» **Goal of the exercise**
In the material below, find every line with "table" and pull it out.

*** Opening of Information given ***

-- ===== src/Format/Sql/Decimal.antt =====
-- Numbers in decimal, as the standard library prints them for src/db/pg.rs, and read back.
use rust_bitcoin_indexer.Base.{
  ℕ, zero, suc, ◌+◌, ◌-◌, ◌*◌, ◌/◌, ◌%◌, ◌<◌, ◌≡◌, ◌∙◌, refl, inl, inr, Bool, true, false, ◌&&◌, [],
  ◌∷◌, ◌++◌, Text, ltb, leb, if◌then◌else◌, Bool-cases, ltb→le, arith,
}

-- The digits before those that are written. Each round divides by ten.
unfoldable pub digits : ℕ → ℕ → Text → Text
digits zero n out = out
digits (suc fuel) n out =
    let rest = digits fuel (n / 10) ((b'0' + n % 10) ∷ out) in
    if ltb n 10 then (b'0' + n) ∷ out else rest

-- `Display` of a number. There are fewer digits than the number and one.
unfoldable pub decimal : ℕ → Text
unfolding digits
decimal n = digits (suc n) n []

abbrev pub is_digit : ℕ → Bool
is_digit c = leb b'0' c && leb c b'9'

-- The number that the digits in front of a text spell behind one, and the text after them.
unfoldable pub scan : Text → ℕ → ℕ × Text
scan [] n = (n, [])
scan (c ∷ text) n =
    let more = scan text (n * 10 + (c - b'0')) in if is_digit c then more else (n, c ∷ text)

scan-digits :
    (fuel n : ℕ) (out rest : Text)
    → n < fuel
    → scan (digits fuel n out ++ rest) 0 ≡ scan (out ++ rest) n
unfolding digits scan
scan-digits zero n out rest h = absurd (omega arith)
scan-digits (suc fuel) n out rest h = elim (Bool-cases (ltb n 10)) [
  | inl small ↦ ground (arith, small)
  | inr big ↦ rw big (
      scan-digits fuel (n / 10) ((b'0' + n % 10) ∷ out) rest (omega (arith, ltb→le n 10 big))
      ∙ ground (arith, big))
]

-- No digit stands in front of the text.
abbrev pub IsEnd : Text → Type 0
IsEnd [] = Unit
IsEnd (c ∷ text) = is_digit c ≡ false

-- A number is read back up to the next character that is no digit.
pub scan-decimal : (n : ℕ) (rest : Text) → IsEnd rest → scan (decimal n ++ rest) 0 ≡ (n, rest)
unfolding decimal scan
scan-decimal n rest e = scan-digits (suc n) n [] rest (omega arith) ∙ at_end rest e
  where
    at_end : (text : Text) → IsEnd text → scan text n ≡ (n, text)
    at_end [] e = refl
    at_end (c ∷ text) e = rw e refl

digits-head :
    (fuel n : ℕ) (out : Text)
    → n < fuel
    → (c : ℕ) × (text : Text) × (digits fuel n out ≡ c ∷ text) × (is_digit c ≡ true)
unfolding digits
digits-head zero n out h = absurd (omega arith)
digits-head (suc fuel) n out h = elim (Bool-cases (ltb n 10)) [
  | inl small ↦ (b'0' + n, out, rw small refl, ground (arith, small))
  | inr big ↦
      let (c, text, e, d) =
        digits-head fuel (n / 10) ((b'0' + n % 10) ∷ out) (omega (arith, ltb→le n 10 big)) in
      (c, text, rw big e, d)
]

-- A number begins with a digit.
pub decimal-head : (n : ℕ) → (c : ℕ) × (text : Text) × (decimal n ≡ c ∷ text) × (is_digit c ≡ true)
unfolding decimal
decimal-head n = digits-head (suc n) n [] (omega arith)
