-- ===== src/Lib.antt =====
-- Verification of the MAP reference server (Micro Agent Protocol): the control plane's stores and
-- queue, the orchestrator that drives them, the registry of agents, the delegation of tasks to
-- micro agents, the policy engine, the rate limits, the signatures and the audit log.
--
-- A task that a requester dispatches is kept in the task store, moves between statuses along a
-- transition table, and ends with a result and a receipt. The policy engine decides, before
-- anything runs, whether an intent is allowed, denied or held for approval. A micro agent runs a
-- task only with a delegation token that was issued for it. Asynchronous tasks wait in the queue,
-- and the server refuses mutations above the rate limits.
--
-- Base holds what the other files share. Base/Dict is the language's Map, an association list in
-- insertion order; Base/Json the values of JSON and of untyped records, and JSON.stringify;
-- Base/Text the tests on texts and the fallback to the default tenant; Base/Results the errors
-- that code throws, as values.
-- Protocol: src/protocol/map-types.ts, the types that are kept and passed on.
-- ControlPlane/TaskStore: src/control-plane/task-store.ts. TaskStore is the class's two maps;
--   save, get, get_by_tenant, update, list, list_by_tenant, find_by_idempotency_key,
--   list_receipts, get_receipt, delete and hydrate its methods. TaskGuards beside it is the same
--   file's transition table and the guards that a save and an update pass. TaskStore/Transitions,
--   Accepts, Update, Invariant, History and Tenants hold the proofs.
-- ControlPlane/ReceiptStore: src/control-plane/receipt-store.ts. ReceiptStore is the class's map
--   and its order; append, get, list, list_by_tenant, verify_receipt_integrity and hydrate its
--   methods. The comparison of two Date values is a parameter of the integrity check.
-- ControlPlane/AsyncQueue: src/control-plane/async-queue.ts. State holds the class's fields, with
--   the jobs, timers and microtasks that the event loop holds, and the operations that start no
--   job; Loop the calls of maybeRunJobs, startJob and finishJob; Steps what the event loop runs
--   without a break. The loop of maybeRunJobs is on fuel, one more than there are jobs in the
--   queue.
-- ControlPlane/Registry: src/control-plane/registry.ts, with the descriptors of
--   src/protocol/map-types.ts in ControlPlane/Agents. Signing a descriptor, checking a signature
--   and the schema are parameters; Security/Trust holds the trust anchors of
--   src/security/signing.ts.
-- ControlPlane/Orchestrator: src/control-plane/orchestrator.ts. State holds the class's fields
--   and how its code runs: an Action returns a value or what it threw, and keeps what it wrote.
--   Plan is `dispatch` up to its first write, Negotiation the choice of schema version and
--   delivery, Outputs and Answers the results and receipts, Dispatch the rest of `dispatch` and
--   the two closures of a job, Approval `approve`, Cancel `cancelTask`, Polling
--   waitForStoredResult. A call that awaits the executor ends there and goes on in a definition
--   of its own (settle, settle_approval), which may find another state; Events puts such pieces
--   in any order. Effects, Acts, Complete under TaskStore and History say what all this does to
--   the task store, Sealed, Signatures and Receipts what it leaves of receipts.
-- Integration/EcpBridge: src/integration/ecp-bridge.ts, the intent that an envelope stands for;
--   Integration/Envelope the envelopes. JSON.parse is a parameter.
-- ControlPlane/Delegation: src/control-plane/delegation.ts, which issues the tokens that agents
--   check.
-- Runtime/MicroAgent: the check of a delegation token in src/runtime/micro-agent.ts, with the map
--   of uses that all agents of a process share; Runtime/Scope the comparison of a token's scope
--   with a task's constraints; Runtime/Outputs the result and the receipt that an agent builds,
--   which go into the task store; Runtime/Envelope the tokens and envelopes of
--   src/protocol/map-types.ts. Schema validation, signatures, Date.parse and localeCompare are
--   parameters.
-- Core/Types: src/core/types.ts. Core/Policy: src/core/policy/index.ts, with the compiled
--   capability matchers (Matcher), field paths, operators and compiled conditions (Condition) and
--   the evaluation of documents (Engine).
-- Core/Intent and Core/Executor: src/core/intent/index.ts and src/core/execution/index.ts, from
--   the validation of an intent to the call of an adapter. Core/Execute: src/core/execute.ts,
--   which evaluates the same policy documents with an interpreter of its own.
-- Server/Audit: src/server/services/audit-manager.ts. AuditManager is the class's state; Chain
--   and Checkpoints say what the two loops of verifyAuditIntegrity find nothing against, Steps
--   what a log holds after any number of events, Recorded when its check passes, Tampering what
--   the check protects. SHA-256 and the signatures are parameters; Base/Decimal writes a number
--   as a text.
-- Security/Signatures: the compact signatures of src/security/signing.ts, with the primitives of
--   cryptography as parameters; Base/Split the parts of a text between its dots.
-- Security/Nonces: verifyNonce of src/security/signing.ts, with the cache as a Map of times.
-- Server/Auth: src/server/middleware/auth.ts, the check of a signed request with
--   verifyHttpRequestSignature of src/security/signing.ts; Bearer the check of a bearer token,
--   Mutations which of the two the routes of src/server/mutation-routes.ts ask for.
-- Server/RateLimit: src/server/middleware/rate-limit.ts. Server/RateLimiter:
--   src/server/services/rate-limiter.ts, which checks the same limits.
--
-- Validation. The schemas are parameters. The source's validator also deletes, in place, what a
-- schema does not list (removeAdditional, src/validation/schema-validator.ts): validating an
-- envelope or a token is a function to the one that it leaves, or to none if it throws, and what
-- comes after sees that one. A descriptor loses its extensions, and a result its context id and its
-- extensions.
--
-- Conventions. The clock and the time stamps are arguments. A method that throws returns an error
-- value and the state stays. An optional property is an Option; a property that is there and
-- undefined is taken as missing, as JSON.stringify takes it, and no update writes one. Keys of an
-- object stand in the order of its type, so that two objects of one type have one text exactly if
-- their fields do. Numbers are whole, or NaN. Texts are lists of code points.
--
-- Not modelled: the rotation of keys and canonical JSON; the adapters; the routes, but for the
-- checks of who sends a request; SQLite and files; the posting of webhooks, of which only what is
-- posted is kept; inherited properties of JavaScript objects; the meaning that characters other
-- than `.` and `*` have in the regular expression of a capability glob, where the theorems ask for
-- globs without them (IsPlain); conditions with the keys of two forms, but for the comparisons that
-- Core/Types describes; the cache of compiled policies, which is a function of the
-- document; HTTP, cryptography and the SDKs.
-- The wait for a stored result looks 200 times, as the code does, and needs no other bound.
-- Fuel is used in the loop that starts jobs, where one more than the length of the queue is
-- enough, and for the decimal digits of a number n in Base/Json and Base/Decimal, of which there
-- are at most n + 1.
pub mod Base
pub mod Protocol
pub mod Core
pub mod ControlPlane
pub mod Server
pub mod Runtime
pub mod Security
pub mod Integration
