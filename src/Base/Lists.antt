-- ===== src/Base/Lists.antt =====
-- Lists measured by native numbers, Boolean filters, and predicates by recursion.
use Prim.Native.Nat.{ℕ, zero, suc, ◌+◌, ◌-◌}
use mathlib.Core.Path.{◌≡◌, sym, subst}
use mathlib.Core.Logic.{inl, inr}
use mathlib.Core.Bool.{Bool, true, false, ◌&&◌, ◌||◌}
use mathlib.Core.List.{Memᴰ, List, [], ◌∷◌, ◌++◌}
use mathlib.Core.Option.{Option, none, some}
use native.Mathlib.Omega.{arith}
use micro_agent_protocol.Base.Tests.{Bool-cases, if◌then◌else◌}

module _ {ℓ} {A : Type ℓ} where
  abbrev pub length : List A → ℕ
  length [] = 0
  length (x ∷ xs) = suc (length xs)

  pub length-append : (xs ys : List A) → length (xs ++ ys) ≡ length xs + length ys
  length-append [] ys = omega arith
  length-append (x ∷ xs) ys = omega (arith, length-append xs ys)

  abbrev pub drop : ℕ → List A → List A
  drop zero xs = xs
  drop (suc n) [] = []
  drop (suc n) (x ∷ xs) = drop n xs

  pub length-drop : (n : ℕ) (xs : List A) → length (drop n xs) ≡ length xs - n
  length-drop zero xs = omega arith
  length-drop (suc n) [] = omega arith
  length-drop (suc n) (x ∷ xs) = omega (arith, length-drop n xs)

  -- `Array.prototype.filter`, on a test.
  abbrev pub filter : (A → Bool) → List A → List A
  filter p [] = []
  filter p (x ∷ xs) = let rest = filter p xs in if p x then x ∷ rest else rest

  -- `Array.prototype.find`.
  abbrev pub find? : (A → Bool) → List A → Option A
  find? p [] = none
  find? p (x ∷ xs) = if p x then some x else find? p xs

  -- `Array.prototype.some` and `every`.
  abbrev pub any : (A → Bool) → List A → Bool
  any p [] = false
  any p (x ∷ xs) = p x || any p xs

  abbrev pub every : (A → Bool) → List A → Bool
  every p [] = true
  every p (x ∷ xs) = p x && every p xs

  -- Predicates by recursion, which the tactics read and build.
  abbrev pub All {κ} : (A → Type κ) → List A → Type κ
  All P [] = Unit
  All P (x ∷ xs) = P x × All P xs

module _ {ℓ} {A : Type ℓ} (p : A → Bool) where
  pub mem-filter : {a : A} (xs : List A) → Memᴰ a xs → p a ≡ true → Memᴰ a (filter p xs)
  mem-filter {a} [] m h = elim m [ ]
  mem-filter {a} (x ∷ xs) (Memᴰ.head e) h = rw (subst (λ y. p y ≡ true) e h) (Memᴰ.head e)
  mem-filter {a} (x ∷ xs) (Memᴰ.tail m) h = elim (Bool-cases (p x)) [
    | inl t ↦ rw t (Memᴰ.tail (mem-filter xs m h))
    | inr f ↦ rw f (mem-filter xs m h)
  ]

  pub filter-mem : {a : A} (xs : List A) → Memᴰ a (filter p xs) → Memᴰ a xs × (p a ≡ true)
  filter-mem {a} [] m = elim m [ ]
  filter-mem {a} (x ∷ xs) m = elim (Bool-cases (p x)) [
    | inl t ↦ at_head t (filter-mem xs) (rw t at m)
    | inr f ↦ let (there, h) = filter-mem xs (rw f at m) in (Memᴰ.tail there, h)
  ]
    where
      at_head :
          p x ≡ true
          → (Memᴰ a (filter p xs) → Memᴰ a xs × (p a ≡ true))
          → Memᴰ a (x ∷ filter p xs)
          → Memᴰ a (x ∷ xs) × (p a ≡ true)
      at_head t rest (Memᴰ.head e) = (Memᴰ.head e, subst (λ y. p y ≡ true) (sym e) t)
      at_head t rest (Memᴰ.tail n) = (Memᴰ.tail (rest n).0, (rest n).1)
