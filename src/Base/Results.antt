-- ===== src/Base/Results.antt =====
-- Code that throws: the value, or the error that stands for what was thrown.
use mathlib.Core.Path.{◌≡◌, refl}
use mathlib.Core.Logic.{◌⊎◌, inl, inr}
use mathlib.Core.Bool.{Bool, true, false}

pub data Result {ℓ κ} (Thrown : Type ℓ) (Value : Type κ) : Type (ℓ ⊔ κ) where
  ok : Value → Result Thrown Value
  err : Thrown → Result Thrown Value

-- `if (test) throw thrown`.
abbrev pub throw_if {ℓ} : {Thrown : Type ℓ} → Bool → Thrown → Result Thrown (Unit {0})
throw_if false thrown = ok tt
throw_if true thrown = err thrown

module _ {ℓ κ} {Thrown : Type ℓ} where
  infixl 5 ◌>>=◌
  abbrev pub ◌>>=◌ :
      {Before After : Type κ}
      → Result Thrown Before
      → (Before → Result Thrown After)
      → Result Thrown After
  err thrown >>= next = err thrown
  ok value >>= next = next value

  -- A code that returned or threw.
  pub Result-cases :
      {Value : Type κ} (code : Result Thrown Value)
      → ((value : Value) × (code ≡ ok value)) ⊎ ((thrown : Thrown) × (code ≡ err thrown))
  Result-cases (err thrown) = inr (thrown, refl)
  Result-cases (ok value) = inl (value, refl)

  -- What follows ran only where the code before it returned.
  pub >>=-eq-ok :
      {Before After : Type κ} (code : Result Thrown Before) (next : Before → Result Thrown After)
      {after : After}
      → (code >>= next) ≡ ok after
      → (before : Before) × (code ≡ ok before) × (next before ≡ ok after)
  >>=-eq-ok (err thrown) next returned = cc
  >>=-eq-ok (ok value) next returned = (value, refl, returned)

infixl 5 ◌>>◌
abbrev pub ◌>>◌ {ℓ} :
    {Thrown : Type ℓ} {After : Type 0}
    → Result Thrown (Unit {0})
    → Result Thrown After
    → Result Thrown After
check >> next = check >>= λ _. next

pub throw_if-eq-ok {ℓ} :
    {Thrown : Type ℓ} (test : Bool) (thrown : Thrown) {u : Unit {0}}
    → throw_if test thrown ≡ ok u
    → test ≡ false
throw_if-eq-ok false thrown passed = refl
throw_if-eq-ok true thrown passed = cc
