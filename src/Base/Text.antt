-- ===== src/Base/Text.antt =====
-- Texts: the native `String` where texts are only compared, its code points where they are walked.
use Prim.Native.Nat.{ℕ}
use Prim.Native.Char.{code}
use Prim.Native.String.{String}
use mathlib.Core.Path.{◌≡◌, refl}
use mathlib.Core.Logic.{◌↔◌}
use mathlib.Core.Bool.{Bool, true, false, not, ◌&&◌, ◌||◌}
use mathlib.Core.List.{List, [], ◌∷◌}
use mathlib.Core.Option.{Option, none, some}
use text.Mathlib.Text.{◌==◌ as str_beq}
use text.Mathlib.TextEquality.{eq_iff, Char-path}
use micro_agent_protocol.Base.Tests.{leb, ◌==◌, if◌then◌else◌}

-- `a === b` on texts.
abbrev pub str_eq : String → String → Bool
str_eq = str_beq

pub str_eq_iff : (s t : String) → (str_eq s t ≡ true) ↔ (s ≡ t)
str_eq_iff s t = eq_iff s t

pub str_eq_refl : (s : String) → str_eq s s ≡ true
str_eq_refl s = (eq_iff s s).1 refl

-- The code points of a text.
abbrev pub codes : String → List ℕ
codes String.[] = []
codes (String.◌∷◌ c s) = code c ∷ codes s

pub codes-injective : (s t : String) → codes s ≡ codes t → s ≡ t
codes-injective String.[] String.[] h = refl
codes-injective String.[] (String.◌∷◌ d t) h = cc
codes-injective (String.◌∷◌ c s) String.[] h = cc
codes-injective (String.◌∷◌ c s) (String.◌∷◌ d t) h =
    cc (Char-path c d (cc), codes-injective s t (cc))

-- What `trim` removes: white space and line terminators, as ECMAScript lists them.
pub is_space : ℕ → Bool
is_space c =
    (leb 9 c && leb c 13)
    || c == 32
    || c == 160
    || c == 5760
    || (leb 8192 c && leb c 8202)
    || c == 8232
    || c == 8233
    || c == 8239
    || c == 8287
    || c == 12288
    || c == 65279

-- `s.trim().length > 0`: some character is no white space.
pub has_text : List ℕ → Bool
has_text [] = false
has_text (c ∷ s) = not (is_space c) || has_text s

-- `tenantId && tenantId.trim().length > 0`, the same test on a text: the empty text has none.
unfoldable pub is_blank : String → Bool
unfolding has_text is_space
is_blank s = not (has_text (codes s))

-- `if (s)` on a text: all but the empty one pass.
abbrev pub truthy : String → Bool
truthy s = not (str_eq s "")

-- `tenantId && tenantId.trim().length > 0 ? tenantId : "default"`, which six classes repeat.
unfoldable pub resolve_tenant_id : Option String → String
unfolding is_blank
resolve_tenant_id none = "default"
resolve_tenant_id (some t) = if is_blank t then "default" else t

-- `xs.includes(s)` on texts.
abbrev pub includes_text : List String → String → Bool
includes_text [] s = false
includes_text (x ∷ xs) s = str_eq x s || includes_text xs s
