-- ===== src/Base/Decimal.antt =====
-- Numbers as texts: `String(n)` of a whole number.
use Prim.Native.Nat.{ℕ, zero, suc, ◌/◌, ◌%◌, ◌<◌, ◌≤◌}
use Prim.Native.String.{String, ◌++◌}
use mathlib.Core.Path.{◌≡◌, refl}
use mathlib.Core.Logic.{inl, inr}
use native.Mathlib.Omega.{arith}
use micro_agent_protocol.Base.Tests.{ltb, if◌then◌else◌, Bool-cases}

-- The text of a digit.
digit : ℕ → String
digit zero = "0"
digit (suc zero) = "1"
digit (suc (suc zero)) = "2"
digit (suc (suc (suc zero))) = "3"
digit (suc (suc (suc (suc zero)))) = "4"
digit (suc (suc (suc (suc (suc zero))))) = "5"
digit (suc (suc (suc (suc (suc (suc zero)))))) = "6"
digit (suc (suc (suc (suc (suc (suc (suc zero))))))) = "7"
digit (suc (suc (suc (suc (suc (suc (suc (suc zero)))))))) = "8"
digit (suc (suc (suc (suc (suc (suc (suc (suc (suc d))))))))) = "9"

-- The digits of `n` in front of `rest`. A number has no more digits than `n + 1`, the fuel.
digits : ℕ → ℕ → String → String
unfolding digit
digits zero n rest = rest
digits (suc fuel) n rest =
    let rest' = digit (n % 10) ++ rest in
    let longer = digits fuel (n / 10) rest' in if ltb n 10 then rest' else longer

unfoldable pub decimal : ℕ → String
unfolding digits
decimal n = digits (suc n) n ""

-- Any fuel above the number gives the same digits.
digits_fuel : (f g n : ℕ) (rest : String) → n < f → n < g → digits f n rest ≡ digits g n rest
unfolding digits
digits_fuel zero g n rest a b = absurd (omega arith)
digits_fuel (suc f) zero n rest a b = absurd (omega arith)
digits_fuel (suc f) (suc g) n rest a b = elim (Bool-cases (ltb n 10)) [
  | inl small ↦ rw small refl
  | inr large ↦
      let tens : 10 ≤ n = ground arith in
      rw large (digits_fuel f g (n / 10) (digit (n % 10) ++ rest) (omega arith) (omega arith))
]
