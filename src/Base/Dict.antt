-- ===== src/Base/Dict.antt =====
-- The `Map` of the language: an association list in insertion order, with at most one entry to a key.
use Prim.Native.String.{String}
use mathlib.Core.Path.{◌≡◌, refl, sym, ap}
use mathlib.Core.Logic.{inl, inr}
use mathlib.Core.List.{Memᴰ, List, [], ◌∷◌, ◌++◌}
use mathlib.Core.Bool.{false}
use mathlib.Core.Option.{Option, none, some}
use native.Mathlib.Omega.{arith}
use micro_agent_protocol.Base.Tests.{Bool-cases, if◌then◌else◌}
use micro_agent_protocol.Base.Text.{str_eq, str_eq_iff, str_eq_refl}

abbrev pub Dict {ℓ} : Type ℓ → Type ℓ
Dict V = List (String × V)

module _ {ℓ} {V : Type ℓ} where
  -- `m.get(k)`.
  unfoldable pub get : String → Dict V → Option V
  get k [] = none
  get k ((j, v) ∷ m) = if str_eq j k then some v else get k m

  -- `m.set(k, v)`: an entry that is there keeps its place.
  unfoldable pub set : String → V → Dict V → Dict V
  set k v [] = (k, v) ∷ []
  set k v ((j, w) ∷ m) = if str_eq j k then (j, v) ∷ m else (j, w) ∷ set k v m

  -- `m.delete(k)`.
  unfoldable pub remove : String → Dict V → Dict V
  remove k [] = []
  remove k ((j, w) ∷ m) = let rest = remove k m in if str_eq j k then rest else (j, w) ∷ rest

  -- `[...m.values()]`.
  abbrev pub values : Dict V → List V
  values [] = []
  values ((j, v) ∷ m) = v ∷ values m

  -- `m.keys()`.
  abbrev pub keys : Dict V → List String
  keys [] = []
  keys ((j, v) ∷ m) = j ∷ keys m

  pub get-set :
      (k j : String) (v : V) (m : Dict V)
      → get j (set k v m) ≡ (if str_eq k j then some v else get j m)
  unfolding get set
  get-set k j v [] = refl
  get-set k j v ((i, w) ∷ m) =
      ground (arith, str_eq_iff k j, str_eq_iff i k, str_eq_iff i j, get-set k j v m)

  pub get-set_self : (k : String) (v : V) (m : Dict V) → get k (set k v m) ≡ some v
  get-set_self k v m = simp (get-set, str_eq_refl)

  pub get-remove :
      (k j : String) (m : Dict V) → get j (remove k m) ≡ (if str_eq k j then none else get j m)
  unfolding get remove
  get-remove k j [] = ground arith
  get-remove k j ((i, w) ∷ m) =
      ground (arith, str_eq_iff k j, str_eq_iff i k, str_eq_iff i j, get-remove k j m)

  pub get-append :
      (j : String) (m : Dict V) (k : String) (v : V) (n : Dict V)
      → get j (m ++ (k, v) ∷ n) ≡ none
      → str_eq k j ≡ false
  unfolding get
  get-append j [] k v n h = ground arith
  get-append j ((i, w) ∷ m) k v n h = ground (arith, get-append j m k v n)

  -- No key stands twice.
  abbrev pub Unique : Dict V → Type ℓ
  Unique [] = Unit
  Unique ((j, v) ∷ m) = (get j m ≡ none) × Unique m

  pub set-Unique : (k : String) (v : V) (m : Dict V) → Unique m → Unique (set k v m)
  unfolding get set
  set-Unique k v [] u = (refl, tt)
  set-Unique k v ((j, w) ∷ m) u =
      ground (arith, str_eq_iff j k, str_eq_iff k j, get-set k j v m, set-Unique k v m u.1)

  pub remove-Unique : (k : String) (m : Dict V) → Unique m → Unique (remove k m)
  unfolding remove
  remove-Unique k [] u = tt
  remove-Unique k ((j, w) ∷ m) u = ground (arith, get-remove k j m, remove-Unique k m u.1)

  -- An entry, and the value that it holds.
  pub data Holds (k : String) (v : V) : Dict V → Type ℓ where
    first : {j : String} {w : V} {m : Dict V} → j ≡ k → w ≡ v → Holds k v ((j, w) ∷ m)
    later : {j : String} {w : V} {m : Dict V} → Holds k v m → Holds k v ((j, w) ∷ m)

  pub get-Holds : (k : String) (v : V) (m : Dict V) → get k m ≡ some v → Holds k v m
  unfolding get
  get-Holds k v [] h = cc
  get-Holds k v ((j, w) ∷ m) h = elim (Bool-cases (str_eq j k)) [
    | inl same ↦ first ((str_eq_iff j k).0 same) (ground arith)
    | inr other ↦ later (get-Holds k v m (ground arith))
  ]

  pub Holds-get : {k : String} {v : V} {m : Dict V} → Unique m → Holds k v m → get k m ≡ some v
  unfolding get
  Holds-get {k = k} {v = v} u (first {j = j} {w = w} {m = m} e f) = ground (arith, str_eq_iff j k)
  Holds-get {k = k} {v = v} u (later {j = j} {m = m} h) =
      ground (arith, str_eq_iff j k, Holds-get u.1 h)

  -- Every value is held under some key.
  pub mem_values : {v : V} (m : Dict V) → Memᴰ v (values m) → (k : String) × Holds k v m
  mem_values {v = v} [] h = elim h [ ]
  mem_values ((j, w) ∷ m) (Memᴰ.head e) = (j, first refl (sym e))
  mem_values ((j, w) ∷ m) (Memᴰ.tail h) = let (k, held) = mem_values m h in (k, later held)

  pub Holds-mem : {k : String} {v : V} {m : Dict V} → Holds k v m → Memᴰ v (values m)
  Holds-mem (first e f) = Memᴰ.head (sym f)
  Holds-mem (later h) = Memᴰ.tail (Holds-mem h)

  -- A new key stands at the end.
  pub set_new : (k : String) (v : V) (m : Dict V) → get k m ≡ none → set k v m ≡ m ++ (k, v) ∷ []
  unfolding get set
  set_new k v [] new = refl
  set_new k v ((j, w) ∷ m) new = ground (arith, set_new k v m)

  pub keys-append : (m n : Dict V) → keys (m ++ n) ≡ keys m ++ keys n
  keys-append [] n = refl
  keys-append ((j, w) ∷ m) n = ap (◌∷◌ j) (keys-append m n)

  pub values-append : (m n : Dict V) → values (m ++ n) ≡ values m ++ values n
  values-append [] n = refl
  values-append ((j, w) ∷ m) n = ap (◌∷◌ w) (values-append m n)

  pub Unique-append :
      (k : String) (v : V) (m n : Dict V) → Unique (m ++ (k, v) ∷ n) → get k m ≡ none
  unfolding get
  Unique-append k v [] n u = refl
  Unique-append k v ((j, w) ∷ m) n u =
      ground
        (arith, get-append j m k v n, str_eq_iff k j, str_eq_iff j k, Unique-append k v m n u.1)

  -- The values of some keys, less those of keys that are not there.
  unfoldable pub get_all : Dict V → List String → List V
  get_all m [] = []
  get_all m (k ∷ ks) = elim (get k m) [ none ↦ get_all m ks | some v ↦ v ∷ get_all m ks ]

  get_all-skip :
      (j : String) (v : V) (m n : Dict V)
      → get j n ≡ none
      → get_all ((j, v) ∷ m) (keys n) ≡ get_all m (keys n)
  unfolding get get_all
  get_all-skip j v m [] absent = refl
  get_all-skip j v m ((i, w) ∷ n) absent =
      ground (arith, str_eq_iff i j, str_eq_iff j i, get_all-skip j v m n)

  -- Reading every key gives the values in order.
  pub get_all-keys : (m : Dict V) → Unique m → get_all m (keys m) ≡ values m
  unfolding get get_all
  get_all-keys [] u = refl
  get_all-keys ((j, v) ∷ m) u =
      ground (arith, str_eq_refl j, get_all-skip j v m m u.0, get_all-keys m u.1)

*** Close of Information given ***

» **Result for this exercise**
-- transition table, and ends with a result and a receipt. The policy engine decides, before
--   file's transition table and the guards that a save and an update pass. TaskStore/Transitions,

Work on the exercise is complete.